# Echo CS-3000 Info Needed



## jerry63 (Feb 11, 2009)

I have an Echo CS 3000 Top Handle climbing Saw that is still in unused
condition. I have had it about ten years, bought it new, it has never
been cranked or even had gas or chain oil put in it.

It has been stored inside, controlled temp, collecting dust for those ten years. 
Is there anything that could have deteriorated, ie possible dry rot on any rubber or nylon parts, etc?

As most know, Echo doesn't make this say anymore and I don't know what year this model was discontinued. 
I think it may have been replaced by he CS-360,,, same size engine anyway.

I am wanting to sell this 10 +/- year old, never used saw locally on Craigslist
but wondering what would be a fair price to ask. 
I think the model CS-360 sells for about $200+tax at HD. 

Thanks ahead for any advice on a fair price to ask for this mint nos saw.

jerry


----------



## jerry63 (Feb 11, 2009)

*Ooops, wrong forum*

I think I should have posted my Echo 3000 question at another forum.

My apologies
jerry


----------



## Small Job Tim (Feb 11, 2009)

*3000*

how much are you thinking of selling this saw?? How heavy is it??


----------



## wahlturfcare (Feb 11, 2009)

before running it, i would pull the air cleaner cover off and feel the hoses if you can to see if they are hard, check the plug for to see if it is still clean or not. then try to start it with fresh gas.
Being a older saw you might ask up to half price as thats what newer ones bring on Ebay. look it up on ebay and ones of the samm cc's to see what they bring.
Do you have any pictures of it? I may be interested in it if you would want to ship.


----------



## jerry63 (Feb 11, 2009)

Before posting here I did go to Ebay and found a couple of saws
like mine in the completed items. One sold for $111 and the other
for $137.50. Both of those appear to be in good shape but have definately been used.

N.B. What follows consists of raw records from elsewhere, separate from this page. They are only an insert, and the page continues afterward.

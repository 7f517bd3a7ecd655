-- ===== src/Net/Process.antt =====
-- The dispatch of net_demo_process_frame in src/net_demo.c.
use ucosii_arm64_qemu.Prelude.{
  ℕ, ◌+◌, ◌-◌, ◌/◌, Bool, true, false, List, [], ◌∷◌, ltb, leb, ◌==◌, if◌then◌else◌, ◌&&◌, ◌||◌,
  not, u16, bit_and,
}
use ucosii_arm64_qemu.Addr.{Ip, Mac}
use ucosii_arm64_qemu.Nat.Types.{nat_is_lan_ip, nat_is_wan_ip}
use ucosii_arm64_qemu.Arp.{arp_cache_add}
use ucosii_arm64_qemu.Bytes.{Memory, load_ip, load_mac}
use ucosii_arm64_qemu.Net.Frame.{
  Interface, Side, Packet, field16, ip_header_len, total_length, ip_equals, send_arp_reply,
  send_icmp_echo_reply,
}
use ucosii_arm64_qemu.Net.Forward.{
  Gateway, Step, protocol, dst_ip, src_ip, transport_at, is_tcp_udp, inbound_icmp, sent_reply,
  wan_icmp, wan_transport, lan_icmp, lan_transport,
}

abbrev pub is_lan : Side → Bool
is_lan Side.lan = true
is_lan Side.wan = false

abbrev pub iface_of : Side → Gateway → Interface
iface_of Side.lan g = g.lan_if
iface_of Side.wan g = g.wan_if

abbrev pub with_iface : Side → Interface → Gateway → Gateway
with_iface Side.lan i g = record g { lan_if = i }
with_iface Side.wan i g = record g { wan_if = i }

-- What a call of the function leaves: the state, the frames sent, and whether it returned 1.
pub record Processed : Type 0 where
  pub gateway : Gateway
  pub sent : List Packet
  pub handled : Bool

abbrev pub nothing : Gateway → Processed
nothing g = record { gateway = g; sent = []; handled = false }

-- The end of the function, or the next block.
abbrev pub orelse : Step → (Gateway → Processed) → Processed
orelse (Step.returns g sent handled) next = record { gateway = g; sent = sent; handled = handled }
orelse (Step.falls g) next = next g

unfoldable pub learn_arp : ℕ → Ip → Mac → Gateway → Gateway
learn_arp now ip mac g = record g {
  nat = record (g.nat) { arp_table = arp_cache_add ip mac now g.nat.arp_table };
}

-- A reply from the peer to this interface sets the peer's MAC.
unfoldable pub learn_peer : Side → Memory → Gateway → Gateway
learn_peer side m g =
    let iface = iface_of side g in
    if ip_equals m 38 iface.local_ip && ip_equals m 28 iface.peer_ip
    then with_iface side (record iface { peer_mac = load_mac m 22; peer_mac_valid = true }) g
    else g

unfoldable pub process_arp : ℕ → Memory → Side → Memory → ℕ → Gateway → Processed
unfolding learn_arp learn_peer
process_arp now stale side m length g =
    if ltb length 42
    then nothing g
    else if field16 m 20 == 1 && ip_equals m 38 (iface_of side g).local_ip
    then (record {
      gateway = g;
      sent = send_arp_reply stale side (iface_of side g) m ∷ [];
      handled = true;
    })
    else if field16 m 20 == 2
    then (record {
      gateway = learn_peer side m (learn_arp now (load_ip m 28) (load_mac m 22) g);
      sent = [];
      handled = true;
    })
    else nothing g

-- A packet for this host: an echo request is answered.
unfoldable pub process_local : Memory → Side → Memory → Gateway → Processed
process_local stale side m g =
    if ltb (total_length m) (u16 (ip_header_len m + 8))
    then nothing g
    else if protocol m == 1 && (leb 8 (total_length m - ip_header_len m) && m (transport_at m) == 8)
    then (record {
      gateway = g;
      sent = sent_reply (send_icmp_echo_reply stale side (iface_of side g) m (14 + total_length m));
      handled = true;
    })
    else nothing g

-- A packet from the LAN that is not for this host.
unfoldable pub process_outbound : ℕ → Memory → Side → Memory → ℕ → Gateway → Step
process_outbound now stale side m length g =
    if nat_is_lan_ip g.nat (src_ip m) && is_lan side
    then (if protocol m == 1 && g.wan_if.has_dev
        then lan_icmp now m length g
        else if is_tcp_udp m && g.wan_if.has_dev
        then lan_transport now stale m length g
        else Step.falls g)
    else Step.falls g

-- The second block for traffic from the WAN, behind the test for this host.
unfoldable pub process_return : ℕ → Side → Memory → ℕ → Gateway → Step
process_return now side m length g =
    if nat_is_wan_ip g.nat (dst_ip m) && (not (is_lan side) && (protocol m == 1 || is_tcp_udp m))
    then (if leb (ip_header_len m + 8) (total_length m)
        then (if m (transport_at m) == 0 then inbound_icmp now m length g else Step.falls g)
        else if is_tcp_udp m
        then wan_transport now m length g
        else Step.falls g)
    else Step.falls g

-- `is_for_us`
unfoldable pub is_for_us : Side → Memory → Gateway → Bool
is_for_us side m g =
    ip_equals m 30 (iface_of side g).local_ip || (is_lan side && nat_is_wan_ip g.nat (dst_ip m))

-- The first block for traffic from the WAN, before the test for this host.
unfoldable pub process_wan : ℕ → Memory → Side → Memory → ℕ → Gateway → Step
process_wan now stale side m length g =
    if nat_is_wan_ip g.nat (dst_ip m) && not (is_lan side)
    then (if protocol m == 1
        then wan_icmp now stale m length g
        else if is_tcp_udp m
        then wan_transport now m length g
        else Step.falls g)
    else Step.falls g

unfoldable pub process_routed : ℕ → Memory → Side → Memory → ℕ → Gateway → Processed
process_routed now stale side m length g =
    if is_for_us side m g
    then process_local stale side m g
    else orelse (process_outbound now stale side m length g)
        (λ g'. orelse (process_return now side m length g') nothing)

unfoldable pub process_ip : ℕ → Memory → Side → Memory → ℕ → Gateway → Processed
unfolding learn_arp
process_ip now stale side m length g =
    if ltb length 34
    then nothing g
    else if not (m 14 / 16 == 4) || ltb (bit_and (m 14) 15) 5
    then nothing g
    else orelse (process_wan now stale side m length (learn_arp now (src_ip m) (load_mac m 6) g))
        (λ g'. process_routed now stale side m length g')

unfoldable pub net_demo_process_frame : ℕ → Memory → Side → Memory → ℕ → Gateway → Processed
net_demo_process_frame now stale side m length g =
    if ltb length 14
    then nothing g
    else if field16 m 12 == 2054
    then process_arp now stale side m length g
    else if field16 m 12 == 2048
    then process_ip now stale side m length g
    else nothing g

All the reviews I found on the saw online say it's a great saw.
The only negative, or con, that I read was it was hard to get parts for it
in India. What a bummer. 

The unique situation I'm in is having a brand new, but 10 year old saw.
Or,, New Old Stock,,, for lack of a better term. There are very few, if any,
of those round probably.

My delema and the reason I've posted, if I gas and oil it up and start
it running, it will instantly be a "used saw". It's like brand new right now.
If I tested it, a potential buyer would never believe me if 
I told them the saw was 10 years old but hasn't been run but 10 seconds total time. 
This is a helluva conundrum aint it? 

The dry weight of the saw says 3.2 kg which is about 7lbs I think.
I don't have a photo of mine but it's exactly like the one here.
http://www.lawnequip.co.uk/echo_chainsaws/echo_chainsaw_CS3000.htm

I'd rather sell it locally,,, mid Mississippi,,, and not have the headaches of shipping it. 

jerry


----------



## computeruser (Feb 11, 2009)

You should be able to get about $175 NOS.


----------



## (WLL) (Feb 11, 2009)

$100-150 depends if you want ta sell it or keep it. i got two cs300 on clearance 98.00 each at the depot. they are not a pro saw, the weight is un-even and the power is lacking, however they are great saws, many chainsaw-artists like them, they have a good warranty as well. if you want to sell it don't ever start it. if it has all the original paperwork that should help the sale. tree climbers don't really like echo brand saws but fence company's love e'm. this prolly b a good saw fer small job tim


----------



## Rftreeman (Feb 12, 2009)

(WLL) said:


> tree climbers don't really like echo brand saws but fence company's love e'm. this prolly b a good saw fer small job tim



they do when they run over their ms200t stihl.............:bang:


----------



## jerry63 (Feb 13, 2009)

*Sold*

Thanks guys,

I posted the little saw on Craigslist for 150$ this morning and it sold
for that about 5 hours later for 150. It sold over the phone with
no questions asked except hold it for him until he got here. 

Twas an elderly guy that wanted it to maintain his pecan orchard and
wanted one with a top handle so I sold the handle for 150,,, the saw
just happened to be attached to it. 

Thanks again for all the help,,

jerry


----------